Platform Config $/hour
Vast.ai 2× 4090 $1.20
RunPod 2× A100 $3.50
Lambda 1× H100 $2.50

Simple strategy: develop locally, scale out in the cloud.

5) Model inventory

Model Size Source License
Whisper Large-v3 ~3GB OpenAI MIT
Llama-3.1-70B (Int4) ~35GB Meta Llama 3.1
Flux.1 Dev ~24GB Black Forest Labs Apache 2.0
Mochi 1 Preview ~40GB Genmo Apache 2.0
Real-ESRGAN ~64MB xinntao BSD
RIFE ~50MB hzwer MIT

Total: ~102GB. I keep ~200GB SSD free for caches and intermediate outputs.

6) Workflow (what the system actually does)

Stage 1 — Text preprocessing

A large LLM is used to produce a Scene Manifest JSON: scene boundaries, extracted visual elements, Flux prompts (composition + texture), and Mochi motion prompts (camera + physics).

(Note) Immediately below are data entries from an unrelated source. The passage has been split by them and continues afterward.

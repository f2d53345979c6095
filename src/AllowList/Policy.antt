-- ===== src/AllowList/Policy.antt =====
-- Which lists are in force after any reloads.
use aqua_matrix_connector.Common.{
  ℕ, some, none, Bool, List, [], Option, ◌∷◌, if◌then◌else◌, ◌≡◌, ◌&&◌, is_none, is_some, false,
  arith, ap, Bool-cases, refl, inl, inr, sym, ◌∙◌, true, subst,
}
use aqua_matrix_connector.AllowList.{Recipient, Parsed}
use mathlib.Core.Path.{ap₂}
use aqua_matrix_connector.AllowList.Parse.{
  ok, err, file_failure, observer_failure, parse_with, Result, unreadable_file, ParseFailure,
  Reason,
}
use aqua_matrix_connector.AllowList.Reload.{
  not_found, unreadable, reads, AllowList, Reading, take_reading, reload, rereads, merged,
  is_empty_list, reject_file, accept, reject_observer, take_parsed, closed, unloaded,
}
use aqua_matrix_connector.Common.Text.{Text}

-- A reload that is asked for: whether it is forced, the file's time, and what reading it gives.
pub record Ask : Type 0 where
  pub force : Bool
  pub mtime : Option ℕ
  pub reading : Reading

unfoldable pub reloads : AllowList → List Ask → AllowList
reloads a [] = a
reloads a (k ∷ ks) = reloads (reload k.force a k.mtime k.reading).0 ks

-- The readings that were taken: a file whose time did not change is not read again.
unfoldable pub taken : AllowList → List Ask → List Reading
taken a [] = []
taken a (k ∷ ks) =
    let rest = taken (reload k.force a k.mtime k.reading).0 ks in
    if rereads k.force a k.mtime then k.reading ∷ rest else rest

abbrev pub nothing_listed : Parsed
nothing_listed = record { recipients = []; rooms = []; observers = [] }

abbrev pub judged_parsed : Option Parsed → Result ParseFailure Parsed → Option Parsed
judged_parsed now (ok p) = some p
judged_parsed now (err (observer_failure e)) = now
judged_parsed now (err (file_failure e)) = none

-- One reading, against the file in force so far.
abbrev pub judged : List Recipient → List Text → Option Parsed → Reading → Option Parsed
judged fixed reserved now not_found = if is_empty_list fixed then none else some nothing_listed
judged fixed reserved now unreadable = none
judged fixed reserved now (reads file) = judged_parsed now (parse_with file fixed reserved)

-- The file in force, if any: the last accepted one, until a file is refused for anything but an
-- observer row. A missing optional file is an empty one.
abbrev pub in_force : List Recipient → List Text → Option Parsed → List Reading → Option Parsed
in_force fixed reserved now [] = now
in_force fixed reserved now (r ∷ rs) = in_force fixed reserved (judged fixed reserved now r) rs

-- The list acts as the file in force says, or holds the built-in entries only.
pub record Follows (fixed : List Recipient) (reserved : List Text) (a : AllowList)
    (now : Option Parsed) : Type 0 where
  pub same_fixed : a.fixed ≡ fixed
  pub same_reserved : a.reserved ≡ reserved
  pub people : a.recipients ≡ elim now [ none ↦ fixed | some p ↦ merged fixed p.recipients ]
  pub listed : a.rooms ≡ elim now [ none ↦ [] | some p ↦ p.rooms ]
  pub observing : a.observers ≡ elim now [ none ↦ [] | some p ↦ p.observers ]
  pub healthy : (a.loaded && is_none a.load_error) ≡ is_some now

is_some-false : {A : Type 0} (x : Option A) → is_some x ≡ false → x ≡ none
is_some-false none h = refl
is_some-false (some x) h = ground (arith, h)

module _ {fixed : List Recipient} {reserved : List Text} {a : AllowList} {now : Option Parsed}
    (f : Follows fixed reserved a now) where
  closed-Follows : (e : Reason) → Follows fixed reserved (reject_file a e) none
  unfolding reject_file closed
  closed-Follows e = record {
    same_fixed = f.same_fixed;
    same_reserved = f.same_reserved;
    people = f.same_fixed;
    listed = refl;
    observing = refl;
    healthy = ground arith;
  }

  accept-Follows : (p : Parsed) → Follows fixed reserved (accept a p) (some p)
  unfolding accept
  accept-Follows p = record {
    same_fixed = f.same_fixed;
    same_reserved = f.same_reserved;
    people = ap (λ r. merged r p.recipients) f.same_fixed;
    listed = refl;
    observing = refl;
    healthy = refl;
  }

  observer-Follows : (e : Reason) → Follows fixed reserved (reject_observer a e) now
  unfolding reject_observer closed
  observer-Follows e = elim (Bool-cases (a.loaded && is_none a.load_error)) [
    | inl good ↦ rw good (record {
      same_fixed = f.same_fixed;
      same_reserved = f.same_reserved;
      people = f.people;
      listed = f.listed;
      observing = f.observing;
      healthy = f.healthy;
    })
    | inr bad ↦
        let nobody : now ≡ none = is_some-false now (sym f.healthy ∙ bad) in
        rw bad (
          rw nobody (record {
            same_fixed = f.same_fixed;
            same_reserved = f.same_reserved;
            people = f.same_fixed;
            listed = refl;
            observing = refl;
            healthy = ground arith;
          }))
  ]

  parsed-Follows :
      (r : Result ParseFailure Parsed)
      → Follows fixed reserved (take_parsed a r) (judged_parsed now r)
  unfolding take_parsed
  parsed-Follows (ok p) = accept-Follows p
  parsed-Follows (err (observer_failure e)) = observer-Follows e
  parsed-Follows (err (file_failure e)) = closed-Follows e

  abbrev missing : AllowList
  missing = record (closed a) { load_error = none; observer_error = none; loaded = true }

  missing-Follows :
      (b : Bool)
      → Follows fixed reserved
          (if b then reject_file a unreadable_file else missing)
          (if b then none else some nothing_listed)
  unfolding closed merged
  missing-Follows true = closed-Follows unreadable_file
  missing-Follows false = record {
    same_fixed = f.same_fixed;
    same_reserved = f.same_reserved;
    people = f.same_fixed;
    listed = refl;
    observing = refl;
    healthy = refl;
  }

  pub take_reading-Follows :
      (r : Reading) → Follows fixed reserved (take_reading a r) (judged fixed reserved now r)
  unfolding take_reading
  take_reading-Follows not_found =
      subst
        (λ b.
          Follows fixed reserved (if b then reject_file a unreadable_file else missing)
            (judged fixed reserved now not_found))
        (ap is_empty_list (sym f.same_fixed)) (missing-Follows (is_empty_list fixed))
  take_reading-Follows unreadable = closed-Follows unreadable_file
  take_reading-Follows (reads file) =
      subst (λ x. Follows fixed reserved (take_parsed a x) (judged fixed reserved now (reads file)))
        (ap₂ (parse_with file) (sym f.same_fixed) (sym f.same_reserved))
        (parsed-Follows (parse_with file fixed reserved))

set_mtime :
    {fixed : List Recipient} {reserved : List Text} {a : AllowList} {now : Option Parsed}
    (t : Option ℕ)
    → Follows fixed reserved a now
    → Follows fixed reserved (record a { mtime = t }) now
set_mtime t f = record {
  same_fixed = f.same_fixed;
  same_reserved = f.same_reserved;
  people = f.people;
  listed = f.listed;
  observing = f.observing;
  healthy = f.healthy;
}

-- Following a file is kept by any reloads.
pub reloads-Follows :
    (fixed : List Recipient) (reserved : List Text) (a : AllowList) (now : Option Parsed)
    (asks : List Ask)
    → Follows fixed reserved a now
    → Follows fixed reserved (reloads a asks) (in_force fixed reserved now (taken a asks))
unfolding reloads taken reload
reloads-Follows fixed reserved a now [] f = f
reloads-Follows fixed reserved a now (k ∷ ks) f = elim (Bool-cases (rereads k.force a k.mtime)) [
  | inl again ↦
      let a' = take_reading (record a { mtime = k.mtime }) k.reading in
      rw again (
        reloads-Follows fixed reserved a' (judged fixed reserved now k.reading) ks
          (take_reading-Follows (set_mtime k.mtime f) k.reading))
  | inr same ↦ rw same (reloads-Follows fixed reserved a now ks f)
]

-- A list before its first reload follows no file.
pub unloaded-Follows :
    (path : Option Text) (fixed : List Recipient) (reserved : List Text) (label approver : Text)
    → Follows fixed reserved
        (record (unloaded path fixed label approver) { reserved = reserved })
        none
unfolding unloaded
unloaded-Follows path fixed reserved label approver = record {
  same_fixed = refl;
  same_reserved = refl;
  people = refl;
  listed = refl;
  observing = refl;
  healthy = refl;
}

-- From the start: which people, rooms and observers are in force after any reloads follows from the
-- readings alone: those of the last accepted file, its people on top of the built-in ones; a file
-- refused for an observer row changes nothing; after any other refusal, an unreadable file, or
-- before a first good one, the built-in people are in force and no room or observer. Readings are
-- skipped where the file's time did not change.
pub lists-Follows :
    (path : Option Text) (fixed : List Recipient) (reserved : List Text) (label approver : Text)
    (asks : List Ask)
    → let a = record (unloaded path fixed label approver) { reserved = reserved } in
      Follows fixed reserved (reloads a asks) (in_force fixed reserved none (taken a asks))
lists-Follows path fixed reserved label approver asks =
    reloads-Follows fixed reserved _ none asks (unloaded-Follows path fixed reserved label approver)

Stage 2 — Keyframe generation (Flux.1 Dev)

Generate a 2048×1152 first frame per scene (optionally with ControlNet / IP-Adapter for consistency).

  • guidance_scale: 3.5
  • inference_steps: 50

Stage 3 — Video generation (Mochi 1)

Mochi takes the Flux keyframe and runs image-to-video inference: 84 frames (~3.5s at 24fps) at 480×848, with guidance around 4.5.

VRAM optimization is critical:

# Memory optimizations (key for dual 4090)
pipe.enable_model_cpu_offload()   # staged offload
pipe.enable_vae_tiling()          # tiled decode
torch.cuda.empty_cache()          # clean after each scene

Stage 4 — Enhancement

  1. Real-ESRGAN 4×: 480p → 1920p
  2. RIFE interpolation: 24fps → 60fps
  3. FFmpeg (H.265): CRF 18 for high quality

Stage 5 — Assembly

Stitch scenes by manifest order, add transitions, align audio, and export a final 4K60 deliverable.

7) Performance & cost

Per-scene timing (dual RTX 4090)

Step Time
Llama analysis ~10s
Flux keyframe ~45s
Mochi video ~180s
Post-processing ~60s
Total per scene ~5 min

Output per scene: ~3.5 seconds of 4K60 video.

Project estimate (10-minute final video)

Assuming ~170 scenes:

  • Local: ~14 hours, roughly ~$5 electricity.
  • Cloud: ~8 hours, roughly ~$10–$30 GPU cost.

8) Future: NVIDIA Cosmos

In the future, I also want to explore world models to push coherence, controllability, and longer-horizon storytelling.

10) Daily Log

2026-01-05
Generalize the pipeline into: user ask agent a question by clearly ask, not let agent guess by signals.
2026-01-04
Set up XGIMI projector and Google Play developer account. Tested Gemini Nano banana using voice input.